# Scam,weed spary



## swmnhay (Jun 13, 2008)

Just got a call from a Tom Randall from Harvest Supply trying to sell Tri Leaf for $109 per gallon.Supposed to kill thistles for 3 yrs and be safe to cattle.I asked what active ingriedient was he sad Trimec.

Trimec is a mix of 2-4D,Dicamba and MCP.And for sale at farm supply stores for $40-50 per gallon

Beware it is a SCAM:mad:


----------



## Nitram (Apr 2, 2011)

MCP? Martin


----------



## swmnhay (Jun 13, 2008)

Nitram said:


> MCP? Martin


Mecoprop-p - Toxipedia


----------



## broadriverhay (Jun 13, 2014)

He called me today. I told him that I requested him to never call me again several years ago. He said that was impossible and then hung up. This guy is a scam artist. The call is always a New York area code. I recognized his voice from years ago.


----------



## FarmerCline (Oct 12, 2011)

Yeah that SOB has called me a number of times in the past......got to the point I recognized the number so I quit answering. It had been a couple years since I got a call but I got another back in the spring......as soon as he spoke I recognized his voice....very distinct.

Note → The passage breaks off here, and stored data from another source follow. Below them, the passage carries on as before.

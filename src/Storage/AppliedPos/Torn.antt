-- ===== src/Storage/AppliedPos/Torn.antt =====
-- The position that is read back from the two slots of src/storage/index.rs.
use dewdb.Prelude.{
  ℕ, ◌+◌, ◌*◌, ◌%◌, ◌^◌, ◌≤◌, ◌<◌, ◌≡◌, ◌⊎◌, inl, inr, refl, sym, ap, ◌∙◌, Bool, true, false, ◌==◌,
  ltb, [], ◌∷◌, ◌++◌, Bytes, length, drop, none, some, arith,
}
use mathlib.Core.List.{append-nil}
use mathlib.Core.Path.{subst}
use dewdb.Storage.AppliedPos.{
  AppliedPos, Slot, empty, damaged, written, pos_slot, pos_encode, pos_decode, pos_newest,
  newest_written, found_or_damage, pos_open, pos_read, opened, write_at, SlotWrite, complete, torn,
  slot_bytes, pos_save,
}
use dewdb.Storage.AppliedPos.Slots.{
  IsTwo, IsPair, length-drop, IsWritten, two_slots-IsWritten, slot_at, length-slot_at,
  pos_encode-length, pos_decode-encode,
}

-- Every record that the slot holds is of a save before `seq`.
abbrev pub is_before : ℕ → Slot → Bool
is_before seq empty = true
is_before seq damaged = true
is_before seq (written s l) = ltb s seq

-- The slot does not read as a record.
abbrev pub is_unwritten : Slot → Bool
is_unwritten empty = true
is_unwritten damaged = true
is_unwritten (written s l) = false

pub newest_second :
    (older : Slot) (seq lsn : ℕ)
    → is_before seq older ≡ true
    → newest_written none (older ∷ written seq lsn ∷ []) ≡ some (seq, lsn)
unfolding newest_written
newest_second empty seq lsn h = refl
newest_second damaged seq lsn h = refl
newest_second (written s l) seq lsn h = ground arith

pub newest_first :
    (older : Slot) (seq lsn : ℕ)
    → is_before seq older ≡ true
    → newest_written none (written seq lsn ∷ older ∷ []) ≡ some (seq, lsn)
unfolding newest_written
newest_first empty seq lsn h = refl
newest_first damaged seq lsn h = refl
newest_first (written s l) seq lsn h = ground arith

has_two : (file : Bytes) → IsTwo file → (length file == pos_slot * 2) ≡ true
has_two file two = ground (arith, two)

pub parity : (n : ℕ) → (n % 2 ≡ 0) ⊎ (n % 2 ≡ 1)
parity n = ground arith

pub unwrapped : (n : ℕ) → n < 2 ^ 64 → n % 2 ^ 64 ≡ n
unwrapped n h = omega arith

pub swapped : {at other : ℕ} → IsPair at other → IsPair other at
swapped (inl (a, o)) = inr (o, a)
swapped (inr (a, o)) = inl (o, a)

unwritten_is_before : (seq : ℕ) (s : Slot) → is_unwritten s ≡ true → is_before seq s ≡ true
unwritten_is_before seq empty h = refl
unwritten_is_before seq damaged h = refl
unwritten_is_before seq (written s l) h = ground arith

before_next : (seq lsn : ℕ) → is_before (seq + 1) (written seq lsn) ≡ true
before_next seq lsn = ground arith

-- A write of the whole slot leaves nothing of what was there.
pub nothing_left :
    (bytes rest : Bytes) → length bytes ≡ 512 → length rest ≡ 0 → bytes ++ rest ≡ bytes
nothing_left bytes [] l h = append-nil bytes
nothing_left bytes (x ∷ rest) l h = ground arith

module _ (crc32 : Bytes → ℕ) where
  pub newest_of_slots :
      (file : Bytes) (first second : Slot)
      → IsTwo file
      → pos_decode crc32 (slot_at 0 file) ≡ first
      → pos_decode crc32 (slot_at pos_slot file) ≡ second
      → pos_newest crc32 file
        ≡ found_or_damage (newest_written none (first ∷ second ∷ [])) (first ∷ second ∷ [])
  unfolding pos_newest
  newest_of_slots file first second two a b = rw (a, b, has_two file two) refl

  newest_of_pair :
      (at other : ℕ) (file : Bytes) (seq lsn : ℕ)
      → IsPair at other
      → IsTwo file
      → pos_decode crc32 (slot_at at file) ≡ written seq lsn
      → is_before seq (pos_decode crc32 (slot_at other file)) ≡ true
      → pos_newest crc32 file ≡ some (some (seq, lsn))
  unfolding found_or_damage
  newest_of_pair at other file seq lsn (inl (a, o)) two w b =
      newest_of_slots file (written seq lsn) (pos_decode crc32 (slot_at pos_slot file)) two
        (sym (ap (λ k. pos_decode crc32 (slot_at k file)) a) ∙ w) refl
      ∙ ap
          (λ n. found_or_damage n (written seq lsn ∷ pos_decode crc32 (slot_at pos_slot file) ∷ []))
          (newest_first (pos_decode crc32 (slot_at pos_slot file)) seq lsn
            (ap (λ k. is_before seq (pos_decode crc32 (slot_at k file))) (sym o) ∙ b))
  newest_of_pair at other file seq lsn (inr (a, o)) two w b =
      newest_of_slots file (pos_decode crc32 (slot_at 0 file)) (written seq lsn) two refl
        (sym (ap (λ k. pos_decode crc32 (slot_at k file)) a) ∙ w)
      ∙ ap (λ n. found_or_damage n (pos_decode crc32 (slot_at 0 file) ∷ written seq lsn ∷ []))
          (newest_second (pos_decode crc32 (slot_at 0 file)) seq lsn
            (ap (λ k. is_before seq (pos_decode crc32 (slot_at k file))) (sym o) ∙ b))

  -- The slot of a save, and the one of the next.
  pub slots_alternate : (seq : ℕ) → IsPair (seq % 2 * pos_slot) ((seq + 1) % 2 * pos_slot)
  slots_alternate seq = elim (parity seq) [
    | inl e ↦ inl (omega arith, omega arith)
    | inr o ↦ inr (omega arith, omega arith)
  ]

  -- The file has its two slots, and no slot holds the record of a later save than `seq`.
  abbrev pub IsReady : AppliedPos → Type 0
  IsReady p =
      IsTwo p.file
      × (p.seq + 1 < 2 ^ 64)
      × (is_before (p.seq + 1) (pos_decode crc32 (slot_at (p.seq % 2 * pos_slot) p.file)) ≡ true)

  -- The last save is in its slot, and the other slot holds none after it.
  abbrev pub IsSaved : AppliedPos → ℕ → Type 0
  IsSaved p lsn =
      IsTwo p.file
      × (pos_decode crc32 (slot_at (p.seq % 2 * pos_slot) p.file) ≡ written p.seq lsn)
      × (is_before p.seq (pos_decode crc32 (slot_at ((p.seq + 1) % 2 * pos_slot) p.file)) ≡ true)

  saved_is_read :
      (p : AppliedPos) (lsn : ℕ)
      → IsSaved p lsn
      → pos_newest crc32 p.file ≡ some (some (p.seq, lsn))
  saved_is_read p lsn (two, w, b) =
      newest_of_pair (p.seq % 2 * pos_slot) ((p.seq + 1) % 2 * pos_slot) p.file p.seq lsn
        (slots_alternate p.seq) two w b

  -- What a save of a number that does not wrap leaves.
  unfoldable pub after : AppliedPos → Bytes → AppliedPos
  after p record_bytes = record {
    file = write_at ((p.seq + 1) % 2 * pos_slot) record_bytes p.file;
    seq = p.seq + 1;
  }

  pub after-pos_save :
      (end : SlotWrite) (p : AppliedPos) (next : ℕ)
      → p.seq + 1 < 2 ^ 64
      → pos_save crc32 end p next ≡ after p (slot_bytes crc32 end (p.seq + 1) next)
  unfolding pos_save after
  after-pos_save end p next small = rw (unwrapped (p.seq + 1) small) refl

  pub next_slot-IsWritten :
      (p : AppliedPos) (r : Bytes)
      → IsTwo p.file
      → length r ≤ 512
      → IsWritten ((p.seq + 1) % 2 * pos_slot) (p.seq % 2 * pos_slot) r p.file
  next_slot-IsWritten p r two le =
      two_slots-IsWritten ((p.seq + 1) % 2 * pos_slot) (p.seq % 2 * pos_slot) r p.file
        (swapped (slots_alternate p.seq)) two le

  turned : (seq : ℕ) → (seq + 1 + 1) % 2 * pos_slot ≡ seq % 2 * pos_slot
  turned seq = elim (parity seq) [ inl e ↦ omega arith | inr o ↦ omega arith ]

  after-IsSaved :
      (p : AppliedPos) (r : Bytes) (next : ℕ)
      → IsReady p
      → length r ≤ 512
      → pos_decode crc32 (r ++ drop (length r) (slot_at ((p.seq + 1) % 2 * pos_slot) p.file))
        ≡ written (p.seq + 1) next
      → IsSaved (after p r) next
  unfolding after
  after-IsSaved p r next (two, small, old) le w = (
    (next_slot-IsWritten p r two le).0,
    ap (pos_decode crc32) (next_slot-IsWritten p r two le).1 ∙ w,
    rw (turned p.seq, (next_slot-IsWritten p r two le).2) old,
  )

  pub length-rest_of :
      (p : AppliedPos) (r : Bytes)
      → IsTwo p.file
      → length r ≤ 512
      → length r + length (drop (length r) (slot_at ((p.seq + 1) % 2 * pos_slot) p.file)) ≡ 512
  length-rest_of p r two le =
      let s : Bytes = slot_at ((p.seq + 1) % 2 * pos_slot) p.file in
      let l : length s ≡ 512 =
        length-slot_at ((p.seq + 1) % 2 * pos_slot) (p.seq % 2 * pos_slot) p.file
          (swapped (slots_alternate p.seq)) two in
      length-drop (length r) s (omega (arith, l)) ∙ l

  pub pos_save-IsSaved :
      (p : AppliedPos) (next : ℕ)
      → ((b : Bytes) → crc32 b < 2 ^ 32)
      → IsReady p
      → next < 2 ^ 64
      → IsSaved (pos_save crc32 complete p next) next
  unfolding slot_bytes
  pos_save-IsSaved p next word ready fits =
      let l : length (pos_encode crc32 (p.seq + 1) next) ≡ 24 =
        pos_encode-length crc32 (p.seq + 1) next in
      let le : length (pos_encode crc32 (p.seq + 1) next) ≤ 512 = omega arith in
      subst (λ q. IsSaved q next) (sym (after-pos_save complete p next ready.1))
        (after-IsSaved p (pos_encode crc32 (p.seq + 1) next) next ready le (
          pos_decode-encode crc32 (p.seq + 1) next
            (drop (length (pos_encode crc32 (p.seq + 1) next))
              (slot_at ((p.seq + 1) % 2 * pos_slot) p.file))
            word ready.1 fits
            (omega (arith, length-rest_of p (pos_encode crc32 (p.seq + 1) next) ready.0 le))))

  -- The tear of a save: nothing but its own slot.
  torn-IsSaved :
      (p : AppliedPos) (lsn : ℕ) (bytes : Bytes)
      → IsSaved p lsn
      → length bytes ≡ pos_slot
      → is_unwritten (pos_decode crc32 bytes) ≡ true
      → IsSaved (record { file = (after p bytes).file; seq = p.seq }) lsn
  unfolding after
  torn-IsSaved p lsn bytes (two, w, b) l bad =
      let ws = next_slot-IsWritten p bytes two (omega arith) in
      (
        ws.0,
        ap (pos_decode crc32) ws.2 ∙ w,
        ap (λ s. is_before p.seq (pos_decode crc32 s))
              (ws.1
                ∙ nothing_left bytes _ l (omega (arith, length-rest_of p bytes two (omega arith))))
            ∙ unwritten_is_before p.seq (pos_decode crc32 bytes) bad,
      )

  saved-IsReady : (p : AppliedPos) (lsn : ℕ) → IsSaved p lsn → p.seq + 1 < 2 ^ 64 → IsReady p
  saved-IsReady p lsn (two, w, b) small =
      (two, small, ap (is_before (p.seq + 1)) w ∙ before_next p.seq lsn)

  read_of_saved :
      (p : AppliedPos) (lsn : ℕ) → IsSaved p lsn → pos_read crc32 (some p.file) ≡ some (some lsn)
  unfolding pos_read
  read_of_saved p lsn h = rw (saved_is_read p lsn h, pos_read) refl

  open_of_saved : (p : AppliedPos) (lsn : ℕ) → IsSaved p lsn → pos_open crc32 (some p.file) ≡ some p
  unfolding pos_open opened
  open_of_saved p lsn h = rw (saved_is_read p lsn h, pos_open, opened) refl

-- A file whose last save is of `lsn`, a next save that does not wrap, and a write of it that
-- tears and leaves in its slot bytes that do not read as a record. The position that is read is
-- then `next` where the save completed, and `lsn` where it tore; opening the torn file gives back
-- the number of the last save, so that the state is again one whose last save is of `lsn`; and
-- the completed save leaves such a state for `next`.
pub pos_save_lem :
    (crc32 : Bytes → ℕ) (p : AppliedPos) (lsn next : ℕ) (bytes : Bytes)
    → ((b : Bytes) → crc32 b < 2 ^ 32)
    → IsSaved crc32 p lsn
    → p.seq + 1 < 2 ^ 64
    → next < 2 ^ 64
    → length bytes ≡ pos_slot
    → is_unwritten (pos_decode crc32 bytes) ≡ true
    → (pos_read crc32 (some (pos_save crc32 complete p next).file) ≡ some (some next))
      × IsSaved crc32 (pos_save crc32 complete p next) next
      × (pos_read crc32 (some (pos_save crc32 (torn bytes) p next).file) ≡ some (some lsn))
      × (pos_open crc32 (some (pos_save crc32 (torn bytes) p next).file)
          ≡ some (record (pos_save crc32 (torn bytes) p next) { seq = p.seq }))
      × IsSaved crc32 (record (pos_save crc32 (torn bytes) p next) { seq = p.seq }) lsn
unfolding slot_bytes
pos_save_lem crc32 p lsn next bytes word saved small fits l bad =
    let done = pos_save-IsSaved crc32 p next word (saved-IsReady crc32 p lsn saved small) fits in
    let kept : IsSaved crc32 (record (pos_save crc32 (torn bytes) p next) { seq = p.seq }) lsn =
      subst (λ q. IsSaved crc32 (record q { seq = p.seq }) lsn)
        (sym (after-pos_save crc32 (torn bytes) p next small))
        (torn-IsSaved crc32 p lsn bytes saved l bad) in
    (
      read_of_saved crc32 (pos_save crc32 complete p next) next done,
      done,
      read_of_saved crc32 (record (pos_save crc32 (torn bytes) p next) { seq = p.seq }) lsn kept,
      open_of_saved crc32 (record (pos_save crc32 (torn bytes) p next) { seq = p.seq }) lsn kept,
      kept,
    )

I told him I just bought a house on a 1/4 acre lot and had no need for chemicals so he could remove me from the calling list. So far I haven't got another.


----------



## Jay in WA (Mar 21, 2015)

They call me a time or 2 a year trying to sell me total weed killer. Last time i asked if it was certified organic. Oh your organic. Click. Hopefully it works


----------